WHAT THIS TASK INVOLVES
Only certain lines below are wanted: those starting at the line containing "pub exchange_order_id : String" and ending at the line containing "unfoldable pub new_event", both included, each retyped exactly.

SUPPLIED MATERIAL

-- ===== src/Core/Node.antt =====
-- crates/atomic-core/src/node.rs. An id is the list of its 32 bytes.
use atomic_mesh.Base.{ℕ, String, List}

abbrev pub NodeId : Type 0
NodeId = List ℕ

pub data NodeRole : Type 0 where
  leader follower observer : NodeRole

pub data NodeState : Type 0 where
  initializing syncing ready active diverged draining offline : NodeState

pub record NodeInfo : Type 0 where
  pub id : NodeId
  pub role : NodeRole
  pub state : NodeState
  pub addr : String
  pub last_seq : ℕ
  pub last_heartbeat : ℕ
  pub uptime_secs : ℕ

unfoldable pub new_node : NodeId → NodeRole → String → NodeInfo
new_node id role addr = record {
  id = id;
  role = role;
  state = initializing;
  addr = addr;
  last_seq = 0;
  last_heartbeat = 0;
  uptime_secs = 0;
}
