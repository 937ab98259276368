-- ===== src/Core/Event.antt =====
-- crates/atomic-core/src/event.rs. A `[u8; N]` is the list of its bytes; the strength of a signal,
-- an `f64`, is the number of its bit pattern.
use atomic_mesh.Base.{ℕ, Bool, String, List, ℤ}
use atomic_mesh.Core.Types.{Venue, Side, OrderType, TimeInForce, Price, Qty, Symbol, OrderId, Level}
use atomic_mesh.Core.Node.{NodeRole, NodeId}

abbrev pub SeqNum : Type 0
SeqNum = ℕ

abbrev pub Timestamp : Type 0
Timestamp = ℕ

pub record OrderBookUpdateEvent : Type 0 where
  pub symbol : Symbol
  pub bids : List Level
  pub asks : List Level
  pub is_snapshot : Bool
  pub exchange_ts : ℕ

pub record TradeEvent : Type 0 where
  pub symbol : Symbol
  pub price : Price
  pub qty : Qty
  pub side : Side
  pub exchange_ts : ℕ

pub record TickerEvent : Type 0 where
  pub symbol : Symbol
  pub bid : Price
  pub ask : Price
  pub last : Price
  pub volume_24h : Qty
  pub exchange_ts : ℕ

pub record OrderNewEvent : Type 0 where
  pub order_id : OrderId
  pub symbol : Symbol
  pub side : Side
  pub order_type : OrderType
  pub price : Price
  pub qty : Qty
  pub time_in_force : TimeInForce
  pub venue : Venue

pub record OrderAckEvent : Type 0 where
  pub order_id : OrderId
  pub exchange_order_id : String
  pub venue : Venue

pub record OrderFillEvent : Type 0 where
  pub order_id : OrderId
  pub symbol : Symbol
  pub side : Side
  pub price : Price
  pub qty : Qty
  pub remaining : Qty
  pub fee : ℤ
  pub is_maker : Bool
  pub venue : Venue

pub record OrderCancelEvent : Type 0 where
  pub order_id : OrderId
  pub reason : String
  pub venue : Venue

pub record OrderRejectEvent : Type 0 where
  pub order_id : OrderId
  pub reason : String
  pub venue : Venue

pub record SnapshotEvent : Type 0 where
  pub state_hash : List ℕ
  pub event_count : ℕ

pub record HeartbeatEvent : Type 0 where
  pub node_id : NodeId
  pub uptime_secs : ℕ

pub record NodeJoinEvent : Type 0 where
  pub node_id : NodeId
  pub role : NodeRole
  pub addr : String

pub record NodeLeaveEvent : Type 0 where
  pub node_id : NodeId
  pub reason : String

pub record SignalEvent : Type 0 where
  pub strategy_id : String
  pub symbol : Symbol
  pub side : Side
  pub strength : ℕ
  pub metadata : String

pub data EventPayload : Type 0 where
  order_book_update : OrderBookUpdateEvent → EventPayload
  trade : TradeEvent → EventPayload
  ticker : TickerEvent → EventPayload
  order_new : OrderNewEvent → EventPayload
  order_ack : OrderAckEvent → EventPayload
  order_fill : OrderFillEvent → EventPayload
  order_partial_fill : OrderFillEvent → EventPayload
  order_cancel : OrderCancelEvent → EventPayload
  order_reject : OrderRejectEvent → EventPayload
  snapshot : SnapshotEvent → EventPayload
  heartbeat : HeartbeatEvent → EventPayload
  node_join : NodeJoinEvent → EventPayload
  node_leave : NodeLeaveEvent → EventPayload
  signal : SignalEvent → EventPayload

pub record Event : Type 0 where
  pub seq : SeqNum
  pub timestamp : Timestamp
  pub source : NodeId
  pub payload : EventPayload

unfoldable pub new_event : SeqNum → Timestamp → NodeId → EventPayload → Event
new_event seq timestamp source payload = record {
  seq = seq;
  timestamp = timestamp;
  source = source;
  payload = payload;
}
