-- ===== src/Bus/Sequencer.antt =====
-- `EventSequencer` of crates/atomic-bus/src/sequencer.rs.
use atomic_mesh.Base.{
  ℕ, suc, ◌+◌, ◌-◌, ◌^◌, ◌≤◌, ◌<◌, ◌≡◌, refl, Option, List, [], ◌∷◌, ◌++◌, length, get_elem?, arith,
  leb, Bool-cases, inl, inr, subst, length-append, ◌∙◌, max, if◌then◌else◌,
}
use atomic_mesh.Base.Word.{u64, sub_u64}
use atomic_mesh.Core.Clock.{SequenceGenerator, new_generator, next_seq}
use atomic_mesh.Core.Clock
use atomic_mesh.Core.Event.{Event}

pub record EventSequencer : Type 0 where
  pub seq_gen : SequenceGenerator
  pub buffer : List Event
  pub max_buffer_size : ℕ

unfoldable pub new_sequencer : ℕ → EventSequencer
new_sequencer max_buffer_size = record {
  seq_gen = new_generator;
  buffer = [];
  max_buffer_size = max_buffer_size;
}

abbrev pub pop_front : List Event → List Event
pop_front [] = []
pop_front (x ∷ xs) = xs

unfoldable pub sequence : EventSequencer → Event → EventSequencer × ℕ
unfolding next_seq
sequence s event =
    let seq = (next_seq s.seq_gen).1 in
    let buffer = if leb s.max_buffer_size (length s.buffer) then pop_front s.buffer else s.buffer in
    (
      record s {
        seq_gen = (next_seq s.seq_gen).0;
        buffer = buffer ++ record event { seq = seq } ∷ [];
      },
      seq,
    )

unfoldable pub drain : EventSequencer → EventSequencer × List Event
drain s = (record s { buffer = [] }, s.buffer)

unfoldable pub front : EventSequencer → Option Event
front s = get_elem? s.buffer 0

unfoldable pub buffered : EventSequencer → ℕ
buffered s = length s.buffer

unfoldable pub current_seq : EventSequencer → ℕ
current_seq s = sub_u64 (Clock.peek s.seq_gen) 1

-- What comes in: events to sequence, and drains.
pub data Use : Type 0 where
  sequences : Event → Use
  drains : Use

abbrev pub run : EventSequencer → List Use → EventSequencer
run s [] = s
run s (sequences e ∷ us) = run (sequence s e).0 us
run s (drains ∷ us) = run (drain s).0 us

-- The number of events sequenced.
abbrev pub sequenced : List Use → ℕ
sequenced [] = 0
sequenced (sequences e ∷ us) = suc (sequenced us)
sequenced (drains ∷ us) = sequenced us

-- The numbers of a list of events rise by one and end below `n`.
abbrev pub EndsBelow : List Event → ℕ → Type 0
EndsBelow [] n = Unit
EndsBelow (x ∷ xs) n = (x.seq + length (x ∷ xs) ≡ n) × EndsBelow xs n

pub record IsInOrder (s : EventSequencer) : Type 0 where
  pub consecutive : EndsBelow s.buffer s.seq_gen.next
  pub bounded : length s.buffer ≤ max s.max_buffer_size 1

EndsBelow-snoc :
    (xs : List Event) (x : Event) (n : ℕ)
    → EndsBelow xs n
    → x.seq ≡ n
    → EndsBelow (xs ++ x ∷ []) (n + 1)
EndsBelow-snoc [] x n e h = (omega (arith, h), tt)
EndsBelow-snoc (y ∷ xs) x n e h =
    (omega (arith, e.0, length-append xs (x ∷ [])), EndsBelow-snoc xs x n e.1 h)

EndsBelow-pop_front : (xs : List Event) (n : ℕ) → EndsBelow xs n → EndsBelow (pop_front xs) n
EndsBelow-pop_front [] n e = tt
EndsBelow-pop_front (x ∷ xs) n e = e.1

length-pop_front : (xs : List Event) → length (pop_front xs) ≡ length xs - 1
length-pop_front [] = refl
length-pop_front (x ∷ xs) = omega arith

sequence-IsInOrder :
    (s : EventSequencer) (e : Event)
    → s.seq_gen.next + 1 < 2 ^ 64
    → IsInOrder s
    → IsInOrder (sequence s e).0
unfolding sequence
sequence-IsInOrder s e b i =
    let x : Event = record e { seq = s.seq_gen.next } in
    let one_more : u64 (s.seq_gen.next + 1) ≡ s.seq_gen.next + 1 = omega arith in
    elim (Bool-cases (leb s.max_buffer_size (length s.buffer))) [
      | inl full ↦
          rw (full, one_more)
            (record {
              consecutive =
                  EndsBelow-snoc (pop_front s.buffer) x s.seq_gen.next
                    (EndsBelow-pop_front s.buffer s.seq_gen.next i.consecutive) refl;
              bounded = omega (
                arith,
                i.bounded,
                length-append (pop_front s.buffer) (x ∷ []),
                length-pop_front s.buffer,
              );
            })
      | inr room ↦
          rw (room, one_more)
            (record {
              consecutive = EndsBelow-snoc s.buffer x s.seq_gen.next i.consecutive refl;
              bounded = ground (arith, i.bounded, length-append s.buffer (x ∷ []));
            })
    ]

run-IsInOrder :
    (us : List Use) (s : EventSequencer)
    → s.seq_gen.next + sequenced us < 2 ^ 64
    → IsInOrder s
    → IsInOrder (run s us)
      × ((run s us).seq_gen.next ≡ s.seq_gen.next + sequenced us)
      × ((run s us).max_buffer_size ≡ s.max_buffer_size)
unfolding sequence drain next_seq
run-IsInOrder [] s b i = (i, omega arith, refl)
run-IsInOrder (sequences e ∷ us) s b i =
    let (later, count, same) =
      run-IsInOrder us (sequence s e).0 (omega arith) (sequence-IsInOrder s e (omega arith) i) in
    (later, count ∙ omega arith, same)
run-IsInOrder (drains ∷ us) s b i =
    run-IsInOrder us (drain s).0 b (record { consecutive = tt; bounded = omega arith })

-- Whatever events a new sequencer gets, with drains in between, the buffered ones have consecutive
-- numbers up to `current_seq`, which is the number of the events sequenced, and they are at most
-- `max_buffer_size`, or one where that is 0; fewer than 2 ^ 64 - 1 events.
pub run_in_order :
    (max_buffer_size : ℕ) (us : List Use)
    → sequenced us + 1 < 2 ^ 64
    → let s = run (new_sequencer max_buffer_size) us in
      EndsBelow s.buffer (current_seq s + 1)
      × (current_seq s ≡ sequenced us)
      × (length s.buffer ≤ max max_buffer_size 1)
unfolding current_seq
run_in_order max_buffer_size us b =
    let start : IsInOrder (new_sequencer max_buffer_size) =
      unfold new_sequencer in record { consecutive = tt; bounded = omega arith } in
    let first : (new_sequencer max_buffer_size).seq_gen.next ≡ 1 =
      unfold new_sequencer new_generator in refl in
    let (i, count, same) = run-IsInOrder us (new_sequencer max_buffer_size) (omega arith) start in
    let s : EventSequencer = run (new_sequencer max_buffer_size) us in
    let now : s.seq_gen.next ≡ sub_u64 s.seq_gen.next 1 + 1 = omega arith in
    unfold Clock.peek in
    (
      subst (EndsBelow s.buffer) now i.consecutive,
      omega arith,
      subst (λ m. length s.buffer ≤ max m 1) (same ∙ unfold new_sequencer in refl) i.bounded,
    )
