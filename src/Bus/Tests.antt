-- ===== src/Bus/Tests.antt =====
-- Runs of the ring and of the sequencer, and the theorems about them.
use atomic_mesh.Base.{ℕ, ◌+◌, ◌-◌, ◌≤◌, ◌≡◌, List, [], ◌∷◌, length, arith, max}
use atomic_mesh.Core.Event.{Event, heartbeat}
use atomic_mesh.Bus.Ring.{new_ring, next_power_of_two, ring_len}
use atomic_mesh.Bus.Ring.Refinement.{RingOp, push, pop, run_ring, run_queue, ring_refines_queue}
use atomic_mesh.Bus.Sequencer.{
  new_sequencer, Use, sequences, drains, run, EndsBelow, current_seq, run_in_order,
}

-- More pushes than the three that a ring of four slots holds, and pops in between.
abbrev calls : List (RingOp ℕ)
calls = push 1 ∷ push 2 ∷ push 3 ∷ push 4 ∷ pop ∷ push 5 ∷ pop ∷ pop ∷ pop ∷ pop ∷ []

ring_refines_queue_example :
    ((run_ring (new_ring 3) calls).1 ≡ (run_queue (next_power_of_two 3 - 1) [] calls).1)
    × (ring_len (run_ring (new_ring 3) calls).0
        ≡ length (run_queue (next_power_of_two 3 - 1) [] calls).0)
ring_refines_queue_example = ring_refines_queue 3 calls

abbrev beat : Event
beat = record {
  seq = 0;
  timestamp = 9;
  source = [];
  payload = heartbeat (record { node_id = []; uptime_secs = 1 });
}

abbrev uses : List Use
uses = sequences beat ∷ drains ∷ sequences beat ∷ sequences beat ∷ sequences beat ∷ []

run_in_order_example :
    EndsBelow (run (new_sequencer 2) uses).buffer (current_seq (run (new_sequencer 2) uses) + 1)
    × (current_seq (run (new_sequencer 2) uses) ≡ 4)
    × (length (run (new_sequencer 2) uses).buffer ≤ max 2 1)
run_in_order_example = run_in_order 2 uses (omega arith)
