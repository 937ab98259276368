-- ===== src/Core.antt =====
-- The shared types of crates/atomic-core/src.
pub mod Types
pub mod Event
pub mod Clock
pub mod Snapshot
pub mod Metrics
pub mod Node
mod Tests
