-- ===== src/Core/Clock/Order.antt =====
-- The order that the Lamport clock gives to events.
use atomic_mesh.Base.{ℕ, ◌+◌, ◌^◌, ◌≤◌, ◌<◌, ◌≡◌, List, [], ◌∷◌, arith}
use atomic_mesh.Core.Clock.{LamportClock, tick, witness}

-- A tick returns the new counter, which is above the old one unless that was the last `u64`.
pub tick_advances :
    (c : LamportClock)
    → c.counter + 1 < 2 ^ 64
    → (c.counter < (tick c).1) × ((tick c).0.counter ≡ (tick c).1)
unfolding tick
tick_advances c h = ground arith

-- The counter never falls while `witness` is at work, and no value met is the last `u64`.
abbrev pub Rises : ℕ → List ℕ → Type 0
Rises n [] = n + 1 < 2 ^ 64
Rises n (s ∷ rest) = (n ≤ s) × (n + 1 < 2 ^ 64) × Rises s rest

-- However often other threads step in, the time that `witness` returns is above the remote time and
-- above the counter at the call, and is what the counter is left at; this holds if no other thread
-- lowers the counter, and neither it nor the remote time is the last `u64`.
pub witness_advances :
    (seen : List ℕ) (c : LamportClock) (remote_ts : ℕ)
    → remote_ts + 1 < 2 ^ 64
    → Rises c.counter seen
    → (remote_ts < (witness seen c remote_ts).1)
      × (c.counter < (witness seen c remote_ts).1)
      × ((witness seen c remote_ts).0.counter ≡ (witness seen c remote_ts).1)
unfolding witness
witness_advances [] c remote_ts hr hs = ground arith
witness_advances (s ∷ rest) c remote_ts hr hs =
    ground (arith, witness_advances rest (record { counter = s }) remote_ts hr hs.2)
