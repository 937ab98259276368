-- ===== src/Core/Metrics.antt =====
-- `LatencyHistogram` of crates/atomic-core/src/metrics.rs. The atomic operations of other threads show
-- as the values that a failed `compare_exchange_weak` finds; the target of a percentile, computed in
-- `f64`, is an argument.
pub mod Buckets
use atomic_mesh.Base.{
  ℕ, zero, suc, ◌+◌, ◌-◌, ◌/◌, ◌^◌, Bool, true, false, List, [], ◌∷◌, map, ltb, leb, ◌==◌, nat_eq,
  if◌then◌else◌,
}
use atomic_mesh.Base.Word.{u64}

abbrev pub u64_max : ℕ
u64_max = 2 ^ 64 - 1

abbrev pub thresholds : List ℕ
thresholds =
    100 ∷ 1_000 ∷ 10_000 ∷ 100_000 ∷ 1_000_000 ∷ 10_000_000 ∷ 100_000_000 ∷ 1_000_000_000
    ∷ 10_000_000_000 ∷ []

pub record LatencyHistogram : Type 0 where
  pub buckets : List ℕ
  pub sum_ns : ℕ
  pub count : ℕ
  pub min_ns : ℕ
  pub max_ns : ℕ

unfoldable pub new_histogram : LatencyHistogram
new_histogram = record {
  buckets = 0 ∷ 0 ∷ 0 ∷ 0 ∷ 0 ∷ 0 ∷ 0 ∷ 0 ∷ 0 ∷ 0 ∷ [];
  sum_ns = 0;
  count = 0;
  min_ns = u64_max;
  max_ns = 0;
}

-- `position`, where the last bucket is the one behind all thresholds.
unfoldable pub bucket_of : ℕ → List ℕ → ℕ
bucket_of ns [] = 0
bucket_of ns (t ∷ ts) = let rest = bucket_of ns ts in if ltb ns t then 0 else suc rest

unfoldable pub bump : ℕ → List ℕ → List ℕ
bump i [] = []
bump zero (n ∷ ns) = u64 (n + 1) ∷ ns
bump (suc i) (n ∷ ns) = n ∷ bump i ns

-- The two loops, with the values that their failed exchanges find.
unfoldable pub lower_to : ℕ → List ℕ → ℕ → ℕ
lower_to ns [] current = if ltb ns current then ns else current
lower_to ns (c ∷ seen) current =
    let rest = lower_to ns seen c in if ltb ns current then rest else current

unfoldable pub raise_to : ℕ → List ℕ → ℕ → ℕ
raise_to ns [] current = if ltb current ns then ns else current
raise_to ns (c ∷ seen) current =
    let rest = raise_to ns seen c in if ltb current ns then rest else current

unfoldable pub record_sample : LatencyHistogram → ℕ → List ℕ → List ℕ → LatencyHistogram
unfolding bucket_of bump lower_to raise_to
record_sample h ns seen_min seen_max = record {
  buckets = bump (bucket_of ns thresholds) h.buckets;
  sum_ns = u64 (h.sum_ns + ns);
  count = u64 (h.count + 1);
  min_ns = lower_to ns seen_min h.min_ns;
  max_ns = raise_to ns seen_max h.max_ns;
}

unfoldable pub avg_ns : LatencyHistogram → ℕ
avg_ns h = if h.count == 0 then 0 else h.sum_ns / h.count

unfoldable pub least_ns : LatencyHistogram → ℕ
least_ns h = if h.min_ns == u64_max then 0 else h.min_ns

-- The loop of `percentile`, over the buckets with their upper bounds.
unfoldable pub percentile_from : ℕ → ℕ → List ℕ → List ℕ → ℕ
percentile_from target cumulative (n ∷ ns) (t ∷ ts) =
    let sum = u64 (cumulative + n) in
    let rest = percentile_from target sum ns ts in if leb target sum then t else rest
percentile_from target cumulative _ _ = u64_max

module _ (target : ℕ → ℕ) where
  unfoldable pub percentile : LatencyHistogram → ℕ
  unfolding percentile_from
  percentile h = if h.count == 0 then 0 else percentile_from (target h.count) 0 h.buckets thresholds

abbrev cleared : ℕ → ℕ
cleared n = 0

unfoldable pub reset_histogram : LatencyHistogram → LatencyHistogram
reset_histogram h = record {
  buckets = map cleared h.buckets;
  sum_ns = 0;
  count = 0;
  min_ns = u64_max;
  max_ns = 0;
}
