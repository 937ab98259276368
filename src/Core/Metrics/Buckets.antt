-- ===== src/Core/Metrics/Buckets.antt =====
-- What a histogram knows of the samples that one thread recorded.
use atomic_mesh.Base.{
  ℕ, zero, suc, ◌+◌, ◌^◌, ◌≤◌, ◌<◌, ◌≡◌, refl, ◌∙◌, ap, List, [], ◌∷◌, All, All-imp, length, arith,
}
use atomic_mesh.Base.Word.{sum}
use atomic_mesh.Core.Metrics.{
  LatencyHistogram, new_histogram, record_sample, bucket_of, bump, lower_to, raise_to, thresholds,
}

-- The histogram after some samples, the last of them first.
abbrev pub recorded : List ℕ → LatencyHistogram
recorded [] = new_histogram
recorded (ns ∷ earlier) = record_sample (recorded earlier) ns [] []

-- The numbers of the buckets agree with the count, the sum with the samples, and the least and the
-- greatest sample bound each of them.
pub record Summary (h : LatencyHistogram) (xs : List ℕ) : Type 0 where
  pub counted : sum h.buckets ≡ length xs
  pub count_is : h.count ≡ length xs
  pub sum_is : h.sum_ns ≡ sum xs
  pub least : All (λ x. h.min_ns ≤ x) xs
  pub greatest : All (λ x. x ≤ h.max_ns) xs

sum-bump :
    (i : ℕ) (ns : List ℕ) → i < length ns → sum ns + 1 < 2 ^ 64 → sum (bump i ns) ≡ sum ns + 1
unfolding bump
sum-bump i [] h b = absurd (omega arith)
sum-bump zero (n ∷ ns) h b = omega arith
sum-bump (suc i) (n ∷ ns) h b = omega (arith, sum-bump i ns (omega arith) (omega arith))

length-bump : (i : ℕ) (ns : List ℕ) → length (bump i ns) ≡ length ns
unfolding bump
length-bump i [] = refl
length-bump zero (n ∷ ns) = refl
length-bump (suc i) (n ∷ ns) = ap suc (length-bump i ns)

bucket_of-le : (ns : ℕ) (ts : List ℕ) → bucket_of ns ts ≤ length ts
unfolding bucket_of
bucket_of-le ns [] = omega arith
bucket_of-le ns (t ∷ ts) = ground (arith, bucket_of-le ns ts)

ten_buckets : (xs : List ℕ) → length (recorded xs).buckets ≡ 10
unfolding new_histogram record_sample
ten_buckets [] = refl
ten_buckets (x ∷ xs) = length-bump (bucket_of x thresholds) (recorded xs).buckets ∙ ten_buckets xs

record_sample-Summary :
    (h : LatencyHistogram) (ns : ℕ) (xs : List ℕ)
    → length h.buckets ≡ 10
    → length xs + 1 < 2 ^ 64
    → sum xs + ns < 2 ^ 64
    → Summary h xs
    → Summary (record_sample h ns [] []) (ns ∷ xs)
unfolding record_sample lower_to raise_to
record_sample-Summary h ns xs ten few small s =
    let bucket = bucket_of ns thresholds in
    let inside : bucket < length h.buckets = omega (arith, ten, bucket_of-le ns thresholds) in
    record {
      counted =
          sum-bump bucket h.buckets inside (omega (arith, s.counted)) ∙ omega (arith, s.counted);
      count_is = omega (arith, s.count_is);
      sum_is = omega (arith, s.sum_is);
      least = (ground arith, All-imp (λ x a. ground arith) xs s.least);
      greatest = (ground arith, All-imp (λ x a. ground arith) xs s.greatest);
    }

-- After some samples that one thread records, the buckets hold as many as were recorded, the count is
-- their number and the sum is theirs, and the least and the greatest latency bound all of them; their
-- number and their sum are below 2 ^ 64.
pub recorded-Summary :
    (xs : List ℕ) → length xs < 2 ^ 64 → sum xs < 2 ^ 64 → Summary (recorded xs) xs
recorded-Summary [] few small =
    unfold new_histogram in
    record { counted = refl; count_is = refl; sum_is = refl; least = tt; greatest = tt }
recorded-Summary (x ∷ xs) few small =
    record_sample-Summary (recorded xs) x xs (ten_buckets xs) (omega arith) (omega arith)
      (recorded-Summary xs (omega arith) (omega arith))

WRITTEN ANSWER
  pub exchange_order_id : String
  pub venue : Venue

pub record OrderFillEvent : Type 0 where
  pub order_id : OrderId
  pub symbol : Symbol
  pub side : Side
  pub price : Price
  pub qty : Qty
  pub remaining : Qty
  pub fee : ℤ
  pub is_maker : Bool
  pub venue : Venue

pub record OrderCancelEvent : Type 0 where
  pub order_id : OrderId
  pub reason : String
  pub venue : Venue

pub record OrderRejectEvent : Type 0 where
  pub order_id : OrderId
  pub reason : String
  pub venue : Venue

pub record SnapshotEvent : Type 0 where
  pub state_hash : List ℕ
  pub event_count : ℕ

pub record HeartbeatEvent : Type 0 where
  pub node_id : NodeId
  pub uptime_secs : ℕ

pub record NodeJoinEvent : Type 0 where
  pub node_id : NodeId
  pub role : NodeRole
  pub addr : String

pub record NodeLeaveEvent : Type 0 where
  pub node_id : NodeId
  pub reason : String

pub record SignalEvent : Type 0 where
  pub strategy_id : String
  pub symbol : Symbol
  pub side : Side
  pub strength : ℕ
  pub metadata : String

pub data EventPayload : Type 0 where
  order_book_update : OrderBookUpdateEvent → EventPayload
  trade : TradeEvent → EventPayload
  ticker : TickerEvent → EventPayload
  order_new : OrderNewEvent → EventPayload
  order_ack : OrderAckEvent → EventPayload
  order_fill : OrderFillEvent → EventPayload
  order_partial_fill : OrderFillEvent → EventPayload
  order_cancel : OrderCancelEvent → EventPayload
  order_reject : OrderRejectEvent → EventPayload
  snapshot : SnapshotEvent → EventPayload
  heartbeat : HeartbeatEvent → EventPayload
  node_join : NodeJoinEvent → EventPayload
  node_leave : NodeLeaveEvent → EventPayload
  signal : SignalEvent → EventPayload

pub record Event : Type 0 where
  pub seq : SeqNum
  pub timestamp : Timestamp
  pub source : NodeId
  pub payload : EventPayload

unfoldable pub new_event : SeqNum → Timestamp → NodeId → EventPayload → Event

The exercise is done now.